## Aim of the task
Take the entries below and print, exactly, the stretch from the line containing "-- The second branch" through the line containing "Ensures check Q", both included.

## Supplied data
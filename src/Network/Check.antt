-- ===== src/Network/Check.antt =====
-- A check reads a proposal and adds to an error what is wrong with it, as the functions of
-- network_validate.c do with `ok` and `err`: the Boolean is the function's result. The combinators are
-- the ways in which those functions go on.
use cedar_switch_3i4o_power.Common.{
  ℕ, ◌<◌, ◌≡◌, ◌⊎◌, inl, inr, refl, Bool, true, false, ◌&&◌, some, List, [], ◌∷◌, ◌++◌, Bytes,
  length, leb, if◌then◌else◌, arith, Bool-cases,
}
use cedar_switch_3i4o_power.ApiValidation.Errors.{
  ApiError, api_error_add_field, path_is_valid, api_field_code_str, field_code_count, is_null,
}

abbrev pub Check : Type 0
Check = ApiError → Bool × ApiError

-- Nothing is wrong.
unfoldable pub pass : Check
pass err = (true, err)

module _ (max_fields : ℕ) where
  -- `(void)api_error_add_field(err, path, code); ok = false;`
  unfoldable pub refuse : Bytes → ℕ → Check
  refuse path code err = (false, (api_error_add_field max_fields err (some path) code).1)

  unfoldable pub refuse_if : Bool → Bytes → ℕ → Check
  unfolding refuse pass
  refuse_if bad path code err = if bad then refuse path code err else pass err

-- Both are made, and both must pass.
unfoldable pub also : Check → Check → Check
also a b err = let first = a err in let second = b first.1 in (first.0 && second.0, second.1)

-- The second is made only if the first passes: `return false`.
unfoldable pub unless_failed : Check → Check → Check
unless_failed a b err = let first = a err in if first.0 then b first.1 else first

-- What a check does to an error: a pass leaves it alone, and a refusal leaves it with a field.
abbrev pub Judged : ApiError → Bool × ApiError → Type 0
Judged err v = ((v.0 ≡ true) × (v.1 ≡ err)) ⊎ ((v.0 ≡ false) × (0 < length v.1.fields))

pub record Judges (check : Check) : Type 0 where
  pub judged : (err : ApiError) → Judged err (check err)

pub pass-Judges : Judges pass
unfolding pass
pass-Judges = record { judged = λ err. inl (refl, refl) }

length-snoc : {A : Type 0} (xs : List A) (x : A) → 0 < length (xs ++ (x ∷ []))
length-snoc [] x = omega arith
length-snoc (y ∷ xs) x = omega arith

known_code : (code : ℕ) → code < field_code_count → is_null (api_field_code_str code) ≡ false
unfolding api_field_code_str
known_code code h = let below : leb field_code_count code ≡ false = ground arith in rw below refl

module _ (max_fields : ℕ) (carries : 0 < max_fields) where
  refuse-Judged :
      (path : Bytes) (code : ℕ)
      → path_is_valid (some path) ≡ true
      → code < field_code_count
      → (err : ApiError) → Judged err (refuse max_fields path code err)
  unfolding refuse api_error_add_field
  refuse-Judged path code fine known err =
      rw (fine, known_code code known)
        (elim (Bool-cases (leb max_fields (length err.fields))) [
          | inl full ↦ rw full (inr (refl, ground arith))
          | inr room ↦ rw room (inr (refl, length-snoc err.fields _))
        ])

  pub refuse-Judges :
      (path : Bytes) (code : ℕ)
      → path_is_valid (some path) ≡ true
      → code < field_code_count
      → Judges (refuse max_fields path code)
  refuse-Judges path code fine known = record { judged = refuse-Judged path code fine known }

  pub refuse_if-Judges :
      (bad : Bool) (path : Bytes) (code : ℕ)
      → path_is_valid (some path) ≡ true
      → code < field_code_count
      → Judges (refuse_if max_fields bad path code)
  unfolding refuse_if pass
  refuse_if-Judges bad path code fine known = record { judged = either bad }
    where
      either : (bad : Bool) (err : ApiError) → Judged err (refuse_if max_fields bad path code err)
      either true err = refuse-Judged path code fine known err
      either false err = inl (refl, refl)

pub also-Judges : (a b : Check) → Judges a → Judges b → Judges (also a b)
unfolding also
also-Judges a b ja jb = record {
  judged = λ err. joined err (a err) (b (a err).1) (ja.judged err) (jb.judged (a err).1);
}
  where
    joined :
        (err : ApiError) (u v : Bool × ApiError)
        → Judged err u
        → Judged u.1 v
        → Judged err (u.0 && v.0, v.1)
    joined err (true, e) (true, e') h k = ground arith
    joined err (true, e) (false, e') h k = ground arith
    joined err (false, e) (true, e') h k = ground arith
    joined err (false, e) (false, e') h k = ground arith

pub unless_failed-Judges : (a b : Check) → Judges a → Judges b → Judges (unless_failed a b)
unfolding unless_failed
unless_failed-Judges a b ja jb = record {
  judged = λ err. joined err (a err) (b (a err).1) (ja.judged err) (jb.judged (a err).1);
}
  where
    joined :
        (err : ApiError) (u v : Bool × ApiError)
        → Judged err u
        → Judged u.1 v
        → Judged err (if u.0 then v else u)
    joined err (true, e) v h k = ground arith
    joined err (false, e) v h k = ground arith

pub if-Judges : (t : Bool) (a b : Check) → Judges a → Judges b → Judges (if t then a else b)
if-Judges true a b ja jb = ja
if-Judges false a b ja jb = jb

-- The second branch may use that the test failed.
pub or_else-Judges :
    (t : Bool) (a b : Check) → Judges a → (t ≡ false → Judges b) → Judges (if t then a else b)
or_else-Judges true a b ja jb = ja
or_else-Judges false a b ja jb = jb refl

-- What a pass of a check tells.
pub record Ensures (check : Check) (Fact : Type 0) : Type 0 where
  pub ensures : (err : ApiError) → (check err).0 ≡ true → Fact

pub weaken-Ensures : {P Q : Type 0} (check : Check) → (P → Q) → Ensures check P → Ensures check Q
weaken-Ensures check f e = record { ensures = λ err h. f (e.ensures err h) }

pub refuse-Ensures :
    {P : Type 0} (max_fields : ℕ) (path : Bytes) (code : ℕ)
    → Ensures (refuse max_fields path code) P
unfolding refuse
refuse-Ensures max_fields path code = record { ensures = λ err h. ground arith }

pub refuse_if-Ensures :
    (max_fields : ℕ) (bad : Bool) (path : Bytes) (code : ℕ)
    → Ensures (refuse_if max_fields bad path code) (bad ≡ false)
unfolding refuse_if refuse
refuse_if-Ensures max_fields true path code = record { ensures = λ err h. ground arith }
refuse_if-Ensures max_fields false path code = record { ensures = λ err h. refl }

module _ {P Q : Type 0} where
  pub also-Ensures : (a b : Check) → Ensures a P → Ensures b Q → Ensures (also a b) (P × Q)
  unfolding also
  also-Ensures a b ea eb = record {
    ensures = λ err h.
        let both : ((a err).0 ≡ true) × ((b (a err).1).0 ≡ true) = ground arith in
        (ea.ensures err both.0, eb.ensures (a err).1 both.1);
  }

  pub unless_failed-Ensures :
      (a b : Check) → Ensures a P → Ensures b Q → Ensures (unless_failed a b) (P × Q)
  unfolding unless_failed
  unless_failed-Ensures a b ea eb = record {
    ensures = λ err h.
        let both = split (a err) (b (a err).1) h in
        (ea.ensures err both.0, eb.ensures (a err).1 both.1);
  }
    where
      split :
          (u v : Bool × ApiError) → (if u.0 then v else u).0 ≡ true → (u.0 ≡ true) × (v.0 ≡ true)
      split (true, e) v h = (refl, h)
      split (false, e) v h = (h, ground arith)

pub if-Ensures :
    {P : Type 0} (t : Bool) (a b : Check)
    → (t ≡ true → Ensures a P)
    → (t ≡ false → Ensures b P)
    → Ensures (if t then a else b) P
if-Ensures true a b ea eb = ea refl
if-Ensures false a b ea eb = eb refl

## Your response
-- The second branch may use that the test failed.
pub or_else-Judges :
    (t : Bool) (a b : Check) → Judges a → (t ≡ false → Judges b) → Judges (if t then a else b)
or_else-Judges true a b ja jb = ja
or_else-Judges false a b ja jb = jb refl

-- What a pass of a check tells.
pub record Ensures (check : Check) (Fact : Type 0) : Type 0 where
  pub ensures : (err : ApiError) → (check err).0 ≡ true → Fact

pub weaken-Ensures : {P Q : Type 0} (check : Check) → (P → Q) → Ensures check P → Ensures check Q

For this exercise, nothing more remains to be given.